# Box Joints Made Easy on Your Table Saw...



## motthunter

did you have a problem doing this with your regular dado set? I am still trying to get a grip as to why this has an advantage over regular dado sets.


----------



## kshipp

That was my question also. I'm looking to get a dado set in the next week or so and I don't understand why you would spend $80 on the limited sizes this offers. Does this have some magic that we don't know about?
I was look at this one in the Lumberjocks store and it will do 1/4", 3/8", and all the way up to 13/16".


----------



## Sawdustmaker

Same question here Cajun. I have the Freud stacking Dado set and wandered if it was worth another $80. I value your opinion as a user/owner/Cajun, as everyone knows a Cajun never tells tall tales. Well, at least most of the time.


----------



## Dadoo

Hmmmmmmmm. Ditto Cajun. A good question to ask Freud.


----------



## sIKE

I was looking at this product it is my understanding that the teeth are designed more square to enable a cleaner cut with less blow out. The teeth are a bit more square in shape vs the ATB of a dado set and are at a different angle then the outside cutters of a dado set. Don't quote me now as I am pulling this from memory and it is not quite as sharp as it used to be.


----------



## cajunpen

sIKE wins the prize. The purpose of these specialized blades is to provide a *perfectly flat bottom* slot - which is sort of important when you are doing box joints. The set of the teeth are cut perfectly flat. I have a stacked dado set also, there is no comparison to the box joint cut that you get between the two the Freud wins hands down.

The other advantage is setup time - with the Freud you have no shims to mess with - you simply install the blades back to back for 1/4" joints, or face to face for 3/8" joints.

I'm a bit surprised at the response to this review. It's amazing that woodworkers would be surprised with anyone buying a specialized tool. After all, I can joint a board perfectly with only my router table and a shim on the outfeed side - so why did I buy a jointer? I can also cut dadoes and rabbits with my router - so why buy a set of dado blades at all?
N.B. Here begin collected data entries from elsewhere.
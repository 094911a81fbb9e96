-- ===== src/Files/Parquet.antt =====
-- crates/transferred-files/src/formats/parquet.rs: the codec over the `parquet` crate, a parameter.
use transferred.Prelude.{
  ℕ, codes, List, [], ◌∷◌, Result, ok, err, map_err, map, ◌^◌, ltb, if◌then◌else◌,
}
use transferred.Prelude.Int.{ℤ, pos, negsuc}
use transferred.Core.Error.{
  lit, foreign, root, AnyError, Outcome, TransferredError, in_destination, empty_source,
  source_failed,
}
use transferred.Core.Effect.{Effect, pure, raise, lift, mapped, ◌>>=◌, ◌>>◌}
use transferred.Core.Arrow.{ArrowField, RecordBatch}
use transferred.Core.Transfer.{BatchStream}
use transferred.Files.Paths.{FilePath}
use transferred.Files.FileSystem.{FormatWrite, FormatRead}

pub data Compression : Type 0 where
  zstd snappy uncompressed : Compression

-- `parquet::basic::Compression`, by the codecs that this one maps to.
pub data ParquetCompression : Type 0 where
  zstd_default snappy_codec uncompressed_codec : ParquetCompression

-- The struct `Parquet`.
pub record Parquet : Type 0 where
  pub compression : Compression

unfoldable pub new : Compression → Parquet
new compression = record { compression = compression }

unfoldable pub parquet_compression : Compression → ParquetCompression
parquet_compression zstd = zstd_default
parquet_compression snappy = snappy_codec
parquet_compression uncompressed = uncompressed_codec

-- `AsyncArrowWriter` and `ParquetRecordBatchStreamBuilder`; the row count of a footer is an `i64`.
pub record ParquetFiles {ℓ} (W : Type ℓ) : Type ℓ where
  pub try_new : FilePath → List ArrowField → ParquetCompression → W → Result (Unit {0}) AnyError × W
  pub write_batch : RecordBatch → W → Result (Unit {0}) AnyError × W
  pub close : W → Result ℤ AnyError × W
  pub reader_new : FilePath → W → Result (Unit {0}) AnyError × W
  pub reader_build : W → Result (List (Result RecordBatch AnyError)) AnyError × W

unfoldable pub to_u64 : ℤ → Outcome ℕ
to_u64 (pos n) =
    if ltb n (2 ^ 64)
    then ok n
    else err (in_destination (root (foreign "the TryFromIntError" ∷ [])))
to_u64 (negsuc n) = err (in_destination (root (foreign "the TryFromIntError" ∷ [])))

module _ {ℓ} {W : Type ℓ} (parquet : ParquetFiles W) where
  unfoldable pub write_all : BatchStream → Effect W (Unit {0})
  write_all [] = pure tt
  write_all (err e ∷ batches) = raise e
  write_all (ok batch ∷ batches) = do
    mapped in_destination (parquet.write_batch batch)
    write_all batches

  unfoldable pub write : Compression → FilePath → BatchStream → Effect W ℕ
  unfolding write_all to_u64
  write compression path [] = raise empty_source
  write compression path (err e ∷ batches) = raise e
  write compression path (ok first ∷ batches) = do
    mapped in_destination (parquet.try_new path first.schema (parquet_compression compression))
    write_all (ok first ∷ batches)
    rows ← mapped in_destination parquet.close
    lift (to_u64 rows)

  read_failed : AnyError → TransferredError
  read_failed e = source_failed (lit "parquet read: " ∷ foreign "the ParquetError" ∷ [])

  unfoldable pub read : FilePath → Effect W BatchStream
  unfolding read_failed
  read path = do
    mapped
        (λ (e : AnyError).
          source_failed (lit "parquet reader init: " ∷ foreign "the ParquetError" ∷ []))
        (parquet.reader_new path)
    items ←
        mapped
          (λ (e : AnyError).
            source_failed (lit "parquet reader build: " ∷ foreign "the ParquetError" ∷ []))
          parquet.reader_build
    pure (map (λ item. map_err read_failed item) items)

  unfoldable pub codec : Parquet → FormatWrite W
  unfolding write
  codec self = record { file_extension = codes "parquet"; write = write self.compression }

  unfoldable pub reader : FormatRead W
  unfolding read
  reader = record { read = read }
In my mind it's all about convenience and quality of end result.


----------



## Sawdustmaker

Well, I've looked around trying to find something solid on this and this what I came up with: Freud's Box Joint Cutter is the Solution!
Leave it to Freud to design a blade set that makes cutting the most popular box joint almost trivial. One of the major problems when using a standard dado blade or dado set for box joints is the small (or not so small, depending upon the blade) nick at the corner of each pin. It is formed by the beveled scoring teeth present on most dado set outside blades, and on all Alternate Top Bevel ground blades. Freud's Box Joint cutter set has perfectly flat top ground teeth, eliminating this aggravation. The set is designed to cut perfect 1/4" or 3/8" joints without shims or adjustments. Just reverse the blades to change joint width. Freud even includes complete instructions for construction of a box joint jig. Made in Italy
One of the reoccurring threads I see quite often in reference to the Freud dado/ box joint sets is the tight fit on the arbors. I concur that with their special coating they use it does take a little more patience with install and removal of the set to prevent the threads from getting nicked up.


----------



## cajunpen

Just wanted to update this review. I cut a bunch of box joints today, using the Box Joint blades and it totally reinforced my review - they were fast, easy and perfect.


----------



## bfd

I second Cajunpen's review of this. It is well worth the $80 for a box joint that turn out perfect with very little effort. I used it on this project to build both the trays and was extremely pleased with the results.



Since then have also used it on a number of drawer boxes. And actually for drawer boxes if you are using the 1/4" set up you can cut the box joints and then cut your groove for your bottom without changing blades again saving time. I pair mine with Woodsmith's alum box joint jig and couldn't be more pleased with the results.


----------



## a1Jim

Thanks Bill


----------



## cajunpen

My pleasure - it is an awesome blade set.


----------



## kernalkorn

been recently tring to use a stacked dadoe set to make box joints but cuts dont come out square.result sloppy joints w/1/16 play. went crazy trying everything possible to ajust to tighten joint.After reading some replys on LBJ am happy to know its not just operator failiar.Will eithier invest in a box joint blade set or look into using my router table.Thanks everyone for the great input.


----------